For the money you've got to spend you can have one built. Buy a donor Remington action with a worn out barrel on it, ship it off to a competent smith and you'll have a good bit less than 1400 in it. I do my own re-barreling but I've bought 700s for 300 bucks or less, pulled the barrel off, ordered a blank from Kreiger for 330.00, and a sleeved stock for around 300. That's 930 excluding labor. A good smith is going to charge 450.00 to do the action and barrel work.


----------



## Garbo (Oct 2, 2007)

I have a barely used Browning A-Bolt in .260 if your interested. 

Very Very Cool Round.


.


----------



## kaferhaus (Oct 8, 2009)

Garbo said:


> I have a barely used Browning A-Bolt in .260 if your interested.
> 
> Very Very Cool Round.
> 
> ...


I was just getting ready to call you Curtis.... been worried about you as I've not seen you around lately... what's been going on?


----------



## MathGeek (Mar 31, 2012)

pappy919 said:


> Im trying to find a moderatly priced (1400 or less) bolt action in 260 rem. I got a DPMS LR-260 with a 8.5x1 twist ratio on it and would like it to be the same. Any one have any suggestions for a good factory rifle in 260?

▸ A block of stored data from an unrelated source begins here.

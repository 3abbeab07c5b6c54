-- ===== src/Ecs/Consistency.antt =====
-- The two indices of Ecs/Ecs.cppm agree: the invariant of the store, and that every operation of
-- Ecs.cppm and Ecs.cpp keeps it.
use playground_engine.Base.{ℕ, ◌≤◌, ◌<◌, ◌≡◌, refl, true, some, arith}
use playground_engine.Ecs.{
  Entity, Ecs, ComponentRecord, typed_ref_of, new, add_system, add_entity, add_component_to_entity,
  destroy_entity, destroy_component,
}
use playground_engine.OrderedMap.{find}
use playground_engine.Ecs.View.{
  last-add_component, last-destroy_component, last-destroy_entity, by_type, by_entity, alive,
  entity, by_type-add_entity, by_entity-add_entity, alive-add_entity, id-add_entity,
  by_type-add_component, by_entity-add_component, alive-add_component, by_type-destroy_component,
  by_entity-destroy_component, alive-destroy_component, by_type-destroy_entity,
  by_entity-destroy_entity, alive-destroy_entity,
}

pub record IsConsistent (ecs : Ecs) : Type 0 where
  -- (type, entity) is one key: both indices answer the same for it.
  pub agree : (t e : ℕ) → by_type ecs t e ≡ by_entity ecs t e
  -- The erased reference names the type and the object that it is filed under.
  pub typed :
      (t e : ℕ) (c : ComponentRecord)
      → by_type ecs t e ≡ some c
      → c.ref ≡ typed_ref_of t c.instance_ptr
  -- The living were issued by this store.
  pub issued : (e : ℕ) → alive ecs e ≡ true → (0 < e) × (e ≤ ecs.last_entity_id)

pub new-IsConsistent : IsConsistent new
unfolding find
new-IsConsistent = record { agree = λ t e. refl; typed = λ t e c p. cc; issued = λ e p. cc }

pub add_system-IsConsistent :
    (s : ℕ) (ecs : Ecs) → IsConsistent ecs → IsConsistent (add_system s ecs)
unfolding add_system
add_system-IsConsistent s ecs h = record { agree = h.agree; typed = h.typed; issued = h.issued }

pub add_entity-IsConsistent :
    (ecs : Ecs) (r : Entity × Ecs) → add_entity ecs ≡ some r → IsConsistent ecs → IsConsistent r.1
add_entity-IsConsistent ecs r ok h = record {
  agree =
      λ t e. cc (by_type-add_entity ecs r ok t e, by_entity-add_entity ecs r ok t e, h.agree t e);
  typed = λ t e c p. h.typed t e c (cc (by_type-add_entity ecs r ok t e));
  issued = λ e p. ground (arith, alive-add_entity ecs r ok e, id-add_entity ecs r ok, h.issued e);
}

pub add_component_to_entity-IsConsistent :
    (t c e : ℕ) (ecs : Ecs)
    → IsConsistent ecs
    → IsConsistent (add_component_to_entity t c (entity e) ecs).0
add_component_to_entity-IsConsistent t c e ecs h = record {
  agree = λ t' e'. cc (
    by_type-add_component t c e ecs t' e',
    by_entity-add_component t c e ecs t' e',
    h.agree t' e',
  );
  typed = λ t' e' c' p. ground (arith, by_type-add_component t c e ecs t' e', h.typed t' e' c');
  issued = λ e' p.
      ground (arith, alive-add_component t c e ecs e', last-add_component t c e ecs, h.issued e');
}

pub destroy_component-IsConsistent :
    (t e : ℕ) (ecs : Ecs) → IsConsistent ecs → IsConsistent (destroy_component t (entity e) ecs)
destroy_component-IsConsistent t e ecs h = record {
  agree = λ t' e'. ground (
    arith,
    by_type-destroy_component t e ecs t' e',
    by_entity-destroy_component t e ecs t' e',
    h.agree t' e',
  );
  typed = λ t' e' c' p. ground (arith, by_type-destroy_component t e ecs t' e', h.typed t' e' c');
  issued = λ e' p.
      ground
        (arith, alive-destroy_component t e ecs e', last-destroy_component t e ecs, h.issued e');
}

pub destroy_entity-IsConsistent :
    (e : ℕ) (ecs : Ecs) → IsConsistent ecs → IsConsistent (destroy_entity (entity e) ecs)
destroy_entity-IsConsistent e ecs h = record {
  agree = λ t' e'. ground (
    arith,
    by_type-destroy_entity e ecs t' e',
    by_entity-destroy_entity e ecs t' e',
    h.agree t' e',
    h.agree t' e,
  );
  typed = λ t' e' c' p. ground (arith, by_type-destroy_entity e ecs t' e', h.typed t' e' c');
  issued =
      λ e' p. ground (arith, alive-destroy_entity e ecs e', last-destroy_entity e ecs, h.issued e');
}
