-- ===== src/Ecs/Destroy.antt =====
-- What `AddComponentToEntity`, `DestroyComponent` and `DestroyEntity` of Ecs/Ecs.cppm and Ecs.cpp
-- do, as `TryGetComponent` and `IsEntityAlive` show it.
use playground_engine.Base.{
  suc, length, ℕ, ◌≡◌, false, true, ◌&&◌, none, some, arith, ◌==◌, if◌then◌else◌,
}
use playground_engine.Ecs.{
  get_components, Ecs, is_entity_alive, try_get_component, add_component_to_entity,
  destroy_component, destroy_entity,
}
use playground_engine.Ecs.View.{
  entity, try_get_component-by_type, by_type-add_component, alive-add_component,
  by_type-destroy_component, alive-destroy_component, by_type-destroy_entity, alive-destroy_entity,
}
use playground_engine.Ecs.Adding.{length-get_components-add_component}
use playground_engine.Ecs.Consistency.{IsConsistent}

-- On a living entity that has no component of the type yet, as the call demands: it returns the new
-- component, and after it the entity has that one of the type, of which there is one more; every
-- other pair, and who is alive, stays.
pub add_component_to_entity_effect :
    (t c e : ℕ) (ecs : Ecs) (t' e' : ℕ)
    → is_entity_alive ecs (entity e) ≡ true
    → try_get_component ecs t (entity e) ≡ none
    → let (after, returned) = add_component_to_entity t c (entity e) ecs in
      (returned ≡ some c)
      × (length (get_components after t) ≡ suc (length (get_components ecs t)))
      × (try_get_component after t' (entity e')
          ≡ (if (t == t') && (e == e') then some c else try_get_component ecs t' (entity e')))
      × (is_entity_alive after (entity e') ≡ is_entity_alive ecs (entity e'))
unfolding is_entity_alive
add_component_to_entity_effect t c e ecs t' e' living first = (
  unfold add_component_to_entity in ground (arith, living),
  length-get_components-add_component t c e ecs living first,
  rw
      (
        try_get_component-by_type (add_component_to_entity t c (entity e) ecs).0 t' e',
        try_get_component-by_type ecs t' e',
      )
      (ground (arith, living, by_type-add_component t c e ecs t' e')),
  alive-add_component t c e ecs e',
)

-- Exactly the named component goes; every other pair, and who is alive, stays.
pub destroy_component_effect :
    (t e : ℕ) (ecs : Ecs) (t' e' : ℕ)
    → (try_get_component (destroy_component t (entity e) ecs) t' (entity e')
        ≡ (if (t == t') && (e == e') then none else try_get_component ecs t' (entity e')))
      × (is_entity_alive (destroy_component t (entity e) ecs) (entity e')
          ≡ is_entity_alive ecs (entity e'))
unfolding is_entity_alive
destroy_component_effect t e ecs t' e' = (
  rw
      (
        try_get_component-by_type (destroy_component t (entity e) ecs) t' e',
        try_get_component-by_type ecs t' e',
      )
      (ground (arith, by_type-destroy_component t e ecs t' e')),
  alive-destroy_component t e ecs e',
)

-- In a consistent store, destroying an entity ends its life and takes every component of it, of
-- whatever type, out of reach; no other entity's component or life changes.
pub destroy_entity_effect :
    (e : ℕ) (ecs : Ecs)
    → IsConsistent ecs
    → (t' e' : ℕ)
    → (try_get_component (destroy_entity (entity e) ecs) t' (entity e')
        ≡ (if e == e' then none else try_get_component ecs t' (entity e')))
      × (is_entity_alive (destroy_entity (entity e) ecs) (entity e')
          ≡ (if e == e' then false else is_entity_alive ecs (entity e')))
unfolding is_entity_alive
destroy_entity_effect e ecs h t' e' = (
  rw
      (
        try_get_component-by_type (destroy_entity (entity e) ecs) t' e',
        try_get_component-by_type ecs t' e',
      )
      (ground (arith, by_type-destroy_entity e ecs t' e', h.agree t' e, h.agree t' e')),
  alive-destroy_entity e ecs e',
)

How well does the LR-260 shoot? Does the fact that you're looking for a bolt gun suggest that you can't get MOA accuracy (1 in at 100 yards or 2 in at 200 yards) out of it, or are you looking for a bolt gun to push down to 0.5 MOA or some other reason?


----------



## pappy919 (Feb 17, 2012)

Pm sent to garbo
I love the dpms. Well under moa at a hundred. Just had to do some tinkering with loads. Love the dpms tho. Only complaint was that the factory mags sucked. Switched to magpul and haven't had a problem since. Just want a bolt gun since I hunt in PA from time to time and u can't hunt with semi's


----------



## skullworks (Oct 2, 2007)

I have a Remington Mountain Rifle in .260 and that is the type of platform I prefer that cartridge. I would love to have another in a Model 7 stainless & synthetic or a Ruger compact... a Tikka T3 in stainless and synthetic would be nice but I'm not sure they make it in .260.


----------



## pappy919 (Feb 17, 2012)

Tikka makes several 260s with stainless barrels and synthetic stocks. Checkout their website.


----------



## bigbulls (Mar 12, 2008)

This is the one I'd be buying. Savage model 12 long range precision. It will run right about a grand.

http://savagearms.com/firearms/finder/











If you want more of a standard sporter type of rifle Savage makes several rifles in .260 Remington.


----------